BishopAccountability.org

Ballarat’s Children: ‘superiors ignored my urgings to set up child-abuse inquiry’

By Pia Akerman, Peter Hoysted
Australian
October 24, 2016

https://goo.gl/l2ey1j

Former Victoria Police officer Blair Smith was pushing for an inquiry more than 20 years ago.
Photo by Ben Marden

A detective who helped build the case against one of the country’s most notorious pedophiles has ­revealed he urged his superiors to establish a taskforce to properly investigate the scourge of clerical sexual abuse and how he lament­ed the general lack of resourcing by the force.

Former detective sergeant Blair Smith said he was shocked to learn the extent of pedophilia within Catholic institutions when it first came across his desk in 1993, sparking years of “a total fight” with the church.

Mr Smith, who was part of a small Victoria Police unit investig­ating domestic violence and sexual assaults, has spoken publicly for the first time in The Australian’s podcast Ballarat’s Children.

He said he had received minim­al support from his commanding officers as he pursued alleg­ations of child sexual abuse against former Christian Brother Edward (Ted) Dowlan.

“I recall saying to someone — and it probably would have been the chief inspector — ‘these files and all these clerical complaints should have been handled by a taskforce’,” Mr Smith said.

“You’re like a one-man band …. as it goes up the ladder, it’s just ­another file.”

Victoria Police did not establish a taskforce specifically dealing with child sexual abuse until 2012, when the Sano taskforce was formed to investigate alleg­ations aired at a parliamentary ­inquiry into abuse involving relig­ious and non-government organ­is­ations, as well as at the Royal Commission into Institutional Responses to Child Sexual Abuse.

Mr Smith’s work helped convict Dowlan and saw the former teacher sentenced in 1996 to 6½ years in jail for abusing 11 victims.

Last year Dowlan pleaded guilty to a further 24 charges involving 20 victims and was sentenced to a further six years.

His convictions relate to stud­ents at six schools: St Alipius and St Patrick’s College in Ballarat, St Thomas More College in Forest Hill, Warrnambool Christian Brothers College, Chanel College in Geelong and Cathedral College in East Melbourne.

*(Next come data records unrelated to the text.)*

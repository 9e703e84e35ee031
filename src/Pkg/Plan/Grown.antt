-- ===== src/Pkg/Plan/Grown.antt =====
-- Every call of expand (src/pkg_plan.c), whether it succeeds or fails, keeps the nodes of the plan and
-- the bound on their number.
use guppy.Prelude.{
  ℕ, zero, suc, ◌≡◌, inl, inr, refl, Bool, true, false, not, Option, none, some, arith, ◌==◌, ◌||◌,
  List, [], ◌∷◌, length, Bool-cases,
}
use guppy.Ascii.{Bytes}
use guppy.Deb.Depend.{DebDepGroup, Parsed, parsed, failed, deb_dep_parse}
use guppy.Pkg.Repo.{PkgRepoEntry, PkgRepo}
use guppy.Pkg.Choose.{Choice, choose_alt}
use guppy.Pkg.Plan.{
  Node, Plan, node_at, update, node_for, add_edge, position, unless_failed, set_installed,
  set_visiting, set_done, disagrees, with_entry, linked, expand_group, expand_groups, with_groups,
  expand_field, both_fields, leave, enter, expand,
}
use guppy.Pkg.Plan.Kept.{
  Kept, Kept-refl, Kept-trans, Kept-update, Kept-visit, Grows, Grows-refl, Grows-trans, Found,
  node_for-Found, n-add_edge, length-update, set_installed-SameNode, set_done-SameNode,
}

-- A call of expand.
abbrev pub Call : Type 0
Call = ℕ → Plan → Plan × Bool

abbrev pub Growing : Call → Type 0
Growing rec = (ni : ℕ) (p : Plan) → Grows p (rec ni p).0

pub unless_failed-Grows :
    (p : Plan) (r : Plan × Bool) (next : Plan → Plan × Bool)
    → Grows p r.0
    → ((q : Plan) → Grows q (next q).0)
    → Grows p (unless_failed r next).0
unless_failed-Grows p (q, false) next g h = g
unless_failed-Grows p (q, true) next g h = Grows-trans p q _ g (h q)

pub Grows-update :
    (i : ℕ) (b : Bool) (p : Plan) → Grows p (record p { n = update i (set_installed b) p.n })
Grows-update i b p = record {
  kept = Kept-update i (set_installed b) p.n (set_installed-SameNode b);
  bounded = λ h. omega (arith, length-update i (set_installed b) p.n);
}

pub Grows-add_edge : (p : Plan) (a b : ℕ) → Grows p (add_edge p a b)
Grows-add_edge p a b =
    let e = n-add_edge p a b in record { kept = rw e (Kept-refl p.n); bounded = λ h. rw e h }

linked-Grows :
    (rec : Call) (ni is_inst : ℕ) (d : PkgRepoEntry) (o : Option (Plan × ℕ)) (p : Plan)
    → Growing rec
    → Found p d o
    → Grows p (linked rec ni is_inst o p).0
linked-Grows rec ni is_inst d none p g f = record { kept = Kept-refl p.n; bounded = λ h. h }
linked-Grows rec ni is_inst d (some (q, di)) p g f =
    let q1 = record q { n = update di (set_installed (not (is_inst == 0))) q.n } in
    Grows-trans p q _ f.grows (
      Grows-trans q q1 _ (Grows-update di (not (is_inst == 0)) q)
        (Grows-trans q1 (add_edge q1 ni di) _ (Grows-add_edge q1 ni di) (g di (add_edge q1 ni di))))

with_entry-Grows :
    (rec : Call) (ni : ℕ) (e : PkgRepoEntry) (g : DebDepGroup) (c : Choice)
    (o : Option PkgRepoEntry) (p : Plan)
    → Growing rec
    → Grows p (with_entry rec ni e g c o p).0
with_entry-Grows rec ni e g c none p h = record { kept = Kept-refl p.n; bounded = λ b. b }
with_entry-Grows rec ni e g c (some d) p h =
    elim (Bool-cases (disagrees (node_at (position d.package_name p.n) p.n) c.chosen_alt)) [
      | inl a ↦ rw a (record { kept = Kept-refl p.n; bounded = λ b. b })
      | inr a ↦ rw a (linked-Grows rec ni c.is_inst d (node_for p d) p h (node_for-Found p d))
    ]

Grows-visit :
    (ni : ℕ) (n : Node) (p q : Plan) (ms : List Node)
    → node_at ni p.n ≡ some n
    → n.visiting ≡ false
    → Grows (record p { n = update ni (set_visiting true) p.n }) q
    → Kept q.n ms
    → length ms ≡ length q.n
    → Grows p (record q { n = update ni (set_visiting false) ms })
Grows-visit ni n p q ms e v g k l = record {
  kept = Kept-visit ni n p.n ms e v (Kept-trans _ q.n ms g.kept k);
  bounded = λ h.
      let a = length-update ni (set_visiting false) ms in
      let b = length-update ni (set_visiting true) p.n in
      let c = g.bounded (omega (arith, b)) in omega (arith, a, l, c);
}

leave-Grows :
    (ni : ℕ) (n : Node) (p : Plan) (r : Plan × Bool)
    → node_at ni p.n ≡ some n
    → n.visiting ≡ false
    → Grows (record p { n = update ni (set_visiting true) p.n }) r.0
    → Grows p (leave ni r).0
unfolding leave
leave-Grows ni n p (q, true) e v g =
    Grows-visit ni n p q (update ni set_done q.n) e v g
      (Kept-update ni set_done q.n set_done-SameNode) (length-update ni set_done q.n)
leave-Grows ni n p (q, false) e v g = Grows-visit ni n p q q.n e v g (Kept-refl q.n) refl

module _ (repo : PkgRepo) where
  pub expand_group-Grows :
      (rec : Call) (ni : ℕ) (e : PkgRepoEntry) (g : DebDepGroup) (p : Plan)
      → Growing rec
      → Grows p (expand_group repo rec ni e g p).0
  unfolding expand_group
  expand_group-Grows rec ni e g p h = elim (Bool-cases ((choose_alt repo g).is_inst == 2)) [
    | inl a ↦ rw a (Grows-refl p)
    | inr a ↦ rw a (with_entry-Grows rec ni e g (choose_alt repo g) _ p h)
  ]

  pub expand_groups-Grows :
      (rec : Call) (ni : ℕ) (e : PkgRepoEntry) (gs : List DebDepGroup) (p : Plan)
      → Growing rec
      → Grows p (expand_groups repo rec ni e gs p).0
  unfolding expand_groups
  expand_groups-Grows rec ni e [] p h = Grows-refl p
  expand_groups-Grows rec ni e (g ∷ gs) p h =
      unless_failed-Grows p (expand_group repo rec ni e g p) (expand_groups repo rec ni e gs)
        (expand_group-Grows rec ni e g p h) λ q. expand_groups-Grows rec ni e gs q h

  with_groups-Grows :
      (rec : Call) (ni : ℕ) (e : PkgRepoEntry) (r : Parsed (List DebDepGroup)) (p : Plan)
      → Growing rec
      → Grows p (with_groups repo rec ni e r p).0
  with_groups-Grows rec ni e (parsed gs) p h = expand_groups-Grows rec ni e gs p h
  with_groups-Grows rec ni e (failed code) p h = record { kept = Kept-refl p.n; bounded = λ b. b }

  pub expand_field-Grows :
      (rec : Call) (ni : ℕ) (e : PkgRepoEntry) (s : Bytes) (p : Plan)
      → Growing rec
      → Grows p (expand_field repo rec ni e s p).0
  unfolding expand_field
  expand_field-Grows rec ni e [] p h = Grows-refl p
  expand_field-Grows rec ni e (c ∷ cs) p h = with_groups-Grows rec ni e (deb_dep_parse (c ∷ cs)) p h

  pub both_fields-Grows :
      (rec : Call) (ni : ℕ) (e : PkgRepoEntry) (p : Plan)
      → Growing rec
      → Grows p (both_fields repo rec ni e p).0
  both_fields-Grows rec ni e p h =
      unless_failed-Grows p (expand_field repo rec ni e e.pre_depends p)
        (expand_field repo rec ni e e.depends) (expand_field-Grows rec ni e e.pre_depends p h)
        λ q. expand_field-Grows rec ni e e.depends q h

  enter-Grows :
      (rec : Call) (ni : ℕ) (o : Option Node) (p : Plan)
      → node_at ni p.n ≡ o
      → Growing rec
      → Grows p (enter repo rec ni o p).0
  enter-Grows rec ni none p e h = Grows-refl p
  enter-Grows rec ni (some n) p e h = elim (Bool-cases (n.done || n.visiting)) [
    | inl a ↦ rw a (Grows-refl p)
    | inr a ↦
        let p1 = record p { n = update ni (set_visiting true) p.n } in
        rw a
          (leave-Grows ni n p _ e (second n.done n.visiting a) (both_fields-Grows rec ni n.e p1 h))
  ]
    where
      second : (a b : Bool) → (a || b) ≡ false → b ≡ false
      second a b h = ground arith

  pub expand-Grows : (rounds : ℕ) → Growing (expand repo rounds)
  unfolding expand
  expand-Grows zero ni p = record { kept = Kept-refl p.n; bounded = λ b. b }
  expand-Grows (suc rounds) ni p =
      enter-Grows (expand repo rounds) ni (node_at ni p.n) p refl (expand-Grows rounds)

The diocese of Ballarat, covering one-third of Victoria, is ­Australia’s most scandal-plagued Catholic diocese, with thousands of sex-abuse victims, mainly from the 1960s, 70s and 80s.

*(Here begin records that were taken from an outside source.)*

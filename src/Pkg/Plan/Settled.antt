-- ===== src/Pkg/Plan/Settled.antt =====
-- Nodes that are done or being visited (src/pkg_plan.c: expand).
use mathlib.Core.Option.{some-injective, none-ne-some}
use mathlib.Core.Path.{subst}
use guppy.Prelude.{
  ℕ, zero, suc, ◌≤◌, ◌≡◌, inl, inr, refl, sym, ap, ◌∙◌, Bool, true, false, Option, none, some,
  arith, ◌||◌, List, [], ◌∷◌, ◌++◌, length, Bool-cases, ltb, leb,
}
use guppy.Pkg.Repo.{PkgRepoEntry, PkgRepo}
use guppy.Pkg.Plan.{
  Node, Plan, node_at, update, new_node, node_for, position, set_visiting, set_done,
}
use guppy.Pkg.Plan.Kept.{position-upto, Kept, NoneVisiting}
use guppy.Pkg.Plan.Closed.{
  settled, Settled, SettledBut, ClosedNodes, ClosedNodes-append, ClosedNodes-NamesKept,
  Kept-NamesKept,
}

pub Settled-But : (k : ℕ) (ns : List Node) → Settled ns → SettledBut k ns
Settled-But k [] h = tt
Settled-But zero (n ∷ ns) h = h.1
Settled-But (suc k) (n ∷ ns) h = (h.0, Settled-But k ns h.1)

pub Settled-append :
    (ns : List Node) (e : PkgRepoEntry)
    → Settled ns
    → SettledBut (length ns) (ns ++ new_node e ∷ [])
Settled-append [] e h = tt
Settled-append (n ∷ ns) e h = (h.0, Settled-append ns e h.1)

-- The node that was left out.
pub SettledBut-none : (k : ℕ) (ns : List Node) → node_at k ns ≡ none → SettledBut k ns → Settled ns
SettledBut-none k [] e h = tt
SettledBut-none zero (n ∷ ns) e h = absurd (none-ne-some n (sym e))
SettledBut-none (suc k) (n ∷ ns) e h = (h.0, SettledBut-none k ns e h.1)

pub SettledBut-some :
    (k : ℕ) (n : Node) (ns : List Node)
    → node_at k ns ≡ some n
    → settled n ≡ true
    → SettledBut k ns
    → Settled ns
SettledBut-some k n [] e s h = tt
SettledBut-some zero n (m ∷ ns) e s h = (ap settled (some-injective m n e) ∙ s, h)
SettledBut-some (suc k) n (m ∷ ns) e s h = (h.0, SettledBut-some k n ns e s h.1)

pub SettledBut-update :
    (k : ℕ) (f : Node → Node) (ns : List Node)
    → ((n : Node) → settled (f n) ≡ settled n)
    → (j : ℕ) → SettledBut j ns
    → SettledBut j (update k f ns)
SettledBut-update k f [] p j h = tt
SettledBut-update zero f (n ∷ ns) p zero h = h
SettledBut-update zero f (n ∷ ns) p (suc j) h = (p n ∙ h.0, h.1)
SettledBut-update (suc k) f (n ∷ ns) p zero h = Settled-update k f ns p h
  where
    Settled-update :
        (k : ℕ) (f : Node → Node) (ns : List Node)
        → ((n : Node) → settled (f n) ≡ settled n)
        → Settled ns
        → Settled (update k f ns)
    Settled-update k f [] p h = tt
    Settled-update zero f (n ∷ ns) p h = (p n ∙ h.0, h.1)
    Settled-update (suc k) f (n ∷ ns) p h = (h.0, Settled-update k f ns p h.1)
SettledBut-update (suc k) f (n ∷ ns) p (suc j) h = (h.0, SettledBut-update k f ns p j h.1)

-- A visit begins.
pub Settled-begin :
    (k : ℕ) (ns : List Node) → SettledBut k ns → Settled (update k (set_visiting true) ns)
Settled-begin k [] h = tt
Settled-begin zero (n ∷ ns) h = (or_true n.done, h)
  where
    or_true : (b : Bool) → (b || true) ≡ true
    or_true b = ground arith
Settled-begin (suc k) (n ∷ ns) h = (h.0, Settled-begin k ns h.1)

-- A visit ends, with its node done.
pub Settled-end :
    (k : ℕ) (ns : List Node)
    → Settled ns
    → Settled (update k (set_visiting false) (update k set_done ns))
Settled-end k [] h = tt
Settled-end zero (n ∷ ns) h = (refl, h.1)
Settled-end (suc k) (n ∷ ns) h = (h.0, Settled-end k ns h.1)

-- What node_for keeps.
abbrev pub SettledFor : PkgRepo → Option (Plan × ℕ) → Type 0
SettledFor repo none = Unit {0}
SettledFor repo (some (q, di)) = ClosedNodes repo q.n q.n × SettledBut di q.n

-- Without a visit, all nodes are done.
abbrev pub AllDone : List Node → Type 0
AllDone [] = Unit {0}
AllDone (n ∷ ns) = (n.done ≡ true) × AllDone ns

pub Settled-AllDone : (ns : List Node) → Settled ns → NoneVisiting ns → AllDone ns
Settled-AllDone [] s v = tt
Settled-AllDone (n ∷ ns) s v = (first n.done n.visiting s.0 v.0, Settled-AllDone ns s.1 v.1)
  where
    first : (a b : Bool) → (a || b) ≡ true → b ≡ false → a ≡ true
    first a b h h' = ground arith

pub node_for-Settled :
    (repo : PkgRepo) (p : Plan) (d : PkgRepoEntry)
    → ClosedNodes repo p.n p.n
    → Settled p.n
    → Kept p.n (p.n ++ new_node d ∷ [])
    → SettledFor repo (node_for p d)
unfolding node_for
node_for-Settled repo p d c s k =
    elim (Bool-cases (ltb (position d.package_name p.n) (length p.n))) [
      | inl a ↦ rw a (c, Settled-But _ p.n s)
      | inr a ↦ elim (Bool-cases (leb 512 (length p.n))) [
        | inl b ↦ rw (a, b) tt
        | inr b ↦
            let u = position-upto p.n d.package_name in
            let l : length p.n ≡ position d.package_name p.n = at_end _ _ u a in
            rw (a, b)
              (
                ClosedNodes-append repo _ p.n d
                    (ClosedNodes-NamesKept repo p.n _ p.n (Kept-NamesKept _ _ k) c),
                subst (λ i. SettledBut i (p.n ++ new_node d ∷ [])) l (Settled-append p.n d s),
              )
      ]
    ]
  where
    at_end : (i m : ℕ) → i ≤ m → ltb i m ≡ false → m ≡ i
    at_end i m h h' = ground arith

The podcast reveals direct­ accounts of how allegations against pedophile clergy were dismissed or actively suppressed.

In the latest episode, Without let or restraint, available today, former Victoria Police chief commissioner Mick Miller speaks ­further of the force’s efforts to bury allegations against monsig­nor John Day, as well as of the ­investigation run by Mildura ­detective Denis Ryan.

Mr Miller, 90, has told The Australian there was a conspiracy, involving officers from the then chief commissioner Reg Jackson down, to interfere in Ryan’s investig­ation against Day, who died in 1978 having abused as many as 500 children in the Mildura area.

“I can’t say if this was a one-off,” Mr Miller said. “I scarcely think it would have been.”

Mr Smith was thrown into the murky world of clerical pedophilia when a victim came to his ­station in Blackburn in Melbourne’s east in 1993, asking to speak to a female officer.

The man eventually broke down and revealed he had been sexually assaulted by Dowlan at Cathedral College.

“I just couldn’t believe how bad it was, and how extensive it was, and how blatant it was,” Mr Smith said.

“I was blown away by the whole thing.”

Mr Smith said he had received no co-operation from the church or the Christian Brothers specifically during his investigation.

“The whole thing was just a total fight,” he said.